Mesurer autrement : apports des approches multidimensionnelles

Une première manière de renouveler la mesure de la précarité énergétique consiste donc à recourir à des indicateurs « dits » composites. L’idée est de ne plus se limiter à un seul critère, mais de regrouper plusieurs dimensions du problème dans un indicateur unique. Celui-ci peut par exemple prendre en compte à la fois le niveau de revenu des ménages, la qualité énergétique de leur logement, leurs difficultés à payer les factures, les restrictions de chauffage ou encore l’inconfort thermique ressenti.

Cette approche se distingue des méthodes qui juxtaposent plusieurs indicateurs séparés, comme celles utilisées par l’ONPE. Ici, les différentes dimensions de la précarité énergétique sont combinées dans un même outil, ce qui permet d’avoir une vision plus globale des situations.

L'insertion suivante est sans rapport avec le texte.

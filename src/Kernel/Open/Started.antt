-- ===== src/Kernel/Open/Started.antt =====
-- When the program enters its event loop.
use nest_disk.Base.{
  ℤ, negsuc, eq_ℤ, eq_ℤ_iff, ◌≡◌, ◌≢◌, ◌↔◌, refl, sym, subst, ap, ◌∙◌, Bool, true, false, arith,
}
use nest_disk.Net.Loop.{Net, start}
use nest_disk.Kernel.{Table, set_net_pack_map}
use nest_disk.Kernel.Open.{
  Os, Run, ends, loops, null_net, main, kernel_open, finish_open, init_net, init_thread_pool,
  make_socket, bind_to, listen_on, watch_listener, event_loop, get_instance,
}

-- Everything that is checked at start-up succeeds.
abbrev pub IsReady : Os → Type 0
IsReady os =
    (os.mysql_connects ≡ true)
    × (os.threads_start ≡ true)
    × (os.socket ≢ negsuc 0)
    × (os.setsockopt ≢ negsuc 0)
    × (os.bind ≢ negsuc 0)
    × (os.listen ≢ negsuc 0)

-- The run by whether MySQL can be connected, the threads start, and whether the calls return -1.
abbrev run_by : Bool → Bool → Bool → Bool → Bool → Bool → Os → Run
run_by false t a b c d os = null_net
run_by true true false false false false os =
    loops (start os.socket os.epoll_create) set_net_pack_map
run_by true _ _ _ _ _ os = ends (negsuc 0)

abbrev TestsAs : ℤ → Bool → Type 0
TestsAs a b = eq_ℤ a (negsuc 0) ≡ b

main-run_by :
    (m t a b c d : Bool) (os : Os) (port : ℤ)
    → os.mysql_connects ≡ m
    → os.threads_start ≡ t
    → TestsAs os.socket a
    → TestsAs os.setsockopt b
    → TestsAs os.bind c
    → TestsAs os.listen d
    → main os port ≡ run_by m t a b c d os
unfolding main kernel_open finish_open init_net init_thread_pool make_socket bind_to listen_on
    watch_listener event_loop get_instance
main-run_by false t a b c d os port em et ea eb ec ed = rw (em) refl
main-run_by true false a b c d os port em et ea eb ec ed = rw (em, et) refl
main-run_by true true true b c d os port em et ea eb ec ed = rw (em, et, ea) refl
main-run_by true true false true c d os port em et ea eb ec ed = rw (em, et, ea, eb) refl
main-run_by true true false false true d os port em et ea eb ec ed = rw (em, et, ea, eb, ec) refl
main-run_by true true false false false true os port em et ea eb ec ed =
    rw (em, et, ea, eb, ec, ed) refl
main-run_by true true false false false false os port em et ea eb ec ed =
    rw (em, et, ea, eb, ec, ed) refl

abbrev Loops : Run → Os → Net → Table → Type 0
Loops r os net table =
    ((r ≡ loops net table)
      ↔ (IsReady os × (net ≡ start os.socket os.epoll_create) × (table ≡ set_net_pack_map)))
    × ((r ≡ null_net) ↔ (os.mysql_connects ≡ false))

ended :
    (os : Os) (net : Net) (table : Table)
    → os.mysql_connects ≡ true
    → ¬ IsReady os
    → Loops (ends (negsuc 0)) os net table
ended os net table em h = (
  (λ e. absurd (ground (arith, e)), λ r. absurd (h r.0)),
  (λ e. absurd (ground (arith, e)), λ e. absurd (ground (arith, em, e))),
)

ne_failure : (a : ℤ) → TestsAs a false → a ≢ negsuc 0
ne_failure a h e = ground (arith, eq_ℤ_iff a (negsuc 0))

abbrev net_of : Net → Run → Net
net_of d (loops net table) = net
net_of d _ = d

abbrev table_of : Table → Run → Table
table_of d (loops net table) = table
table_of d _ = d

run_by-Loops :
    (m t a b c d : Bool) (os : Os) (net : Net) (table : Table)
    → os.mysql_connects ≡ m
    → os.threads_start ≡ t
    → TestsAs os.socket a
    → TestsAs os.setsockopt b
    → TestsAs os.bind c
    → TestsAs os.listen d
    → Loops (run_by m t a b c d os) os net table
run_by-Loops false t a b c d os net table em et ea eb ec ed =
    ((λ e. absurd (ground (arith, e)), λ r. absurd (ground (arith, r.0.0))), (λ e. em, λ e. refl))
run_by-Loops true false a b c d os net table em et ea eb ec ed =
    ended os net table em (λ r. ground (arith, r.1))
run_by-Loops true true true b c d os net table em et ea eb ec ed =
    ended os net table em (λ r. r.2 ((eq_ℤ_iff os.socket (negsuc 0)).0 ea))
run_by-Loops true true false true c d os net table em et ea eb ec ed =
    ended os net table em (λ r. r.3 ((eq_ℤ_iff os.setsockopt (negsuc 0)).0 eb))
run_by-Loops true true false false true d os net table em et ea eb ec ed =
    ended os net table em (λ r. r.4 ((eq_ℤ_iff os.bind (negsuc 0)).0 ec))
run_by-Loops true true false false false true os net table em et ea eb ec ed =
    ended os net table em (λ r. r.5 ((eq_ℤ_iff os.listen (negsuc 0)).0 ed))
run_by-Loops true true false false false false os net table em et ea eb ec ed = (
  (
    λ e. (
      (em, et, ne_failure _ ea, ne_failure _ eb, ne_failure _ ec, ne_failure _ ed),
      sym (ap (net_of net) e),
      sym (ap (table_of table) e),
    ),
    λ r.
        ap (λ (n : Net). loops n set_net_pack_map) (sym r.1)
        ∙ ap (λ (u : Table). loops net u) (sym r.2),
  ),
  (λ e. absurd (ground (arith, e)), λ e. absurd (ground (arith, em, e))),
)

-- The program enters its event loop exactly if MySQL can be connected, the threads start and no call
-- for the listening socket fails; the loop then begins without connections, with the protocol table
-- filled. It calls the loop of a null pointer exactly if MySQL cannot be connected.
pub main-loops :
    (os : Os) (port : ℤ) (net : Net) (table : Table)
    → ((main os port ≡ loops net table)
        ↔ (IsReady os × (net ≡ start os.socket os.epoll_create) × (table ≡ set_net_pack_map)))
      × ((main os port ≡ null_net) ↔ (os.mysql_connects ≡ false))
main-loops os port net table =
    subst (λ (r : Run). Loops r os net table)
      (sym (main-run_by _ _ _ _ _ _ os port refl refl refl refl refl refl))
      (run_by-Loops _ _ _ _ _ _ os net table refl refl refl refl refl refl)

Inspirée des travaux sur la pauvreté multidimensionnelle, cette méthode aide à mieux comparer les ménages entre eux et à identifier plus finement ceux qui sont les plus exposés.

L’INDICE DE PAUVRETÉ MULTIDIMENSIONNELLE

  • Mesurer la pauvreté avec un seul indice, par exemple le revenu, présente un risque : celui de n’avoir qu’une image partielle du phénomène. Pour ne pas invisibiliser certaines populations qui subissent ce fléau, l’indice de pauvreté multidimensionnelle, créé à l’Université d’Oxford en 2010 et utilisé dès cette année-là par le Programme des Nations unies pour le développement (PNUD), compile dix indices : la mortalité infantile, la nutrition, les années de scolarité, la sortie de scolarité, l’électricité, l’eau potable, les sanitaires, le sol de l’habitat, le combustible utilisé pour cuisiner, les biens mobiliers.

Par exemple, un ménage aux revenus modestes vivant dans un logement mal isolé, qui limite fortement son chauffage pour contenir ses factures et déclare un inconfort thermique, peut ne pas dépasser individuellement les seuils de dépenses ou de température retenus par les indicateurs classiques, mais apparaître clairement comme précaire lorsqu’on combine ces différentes dimensions au sein d’un indicateur composite.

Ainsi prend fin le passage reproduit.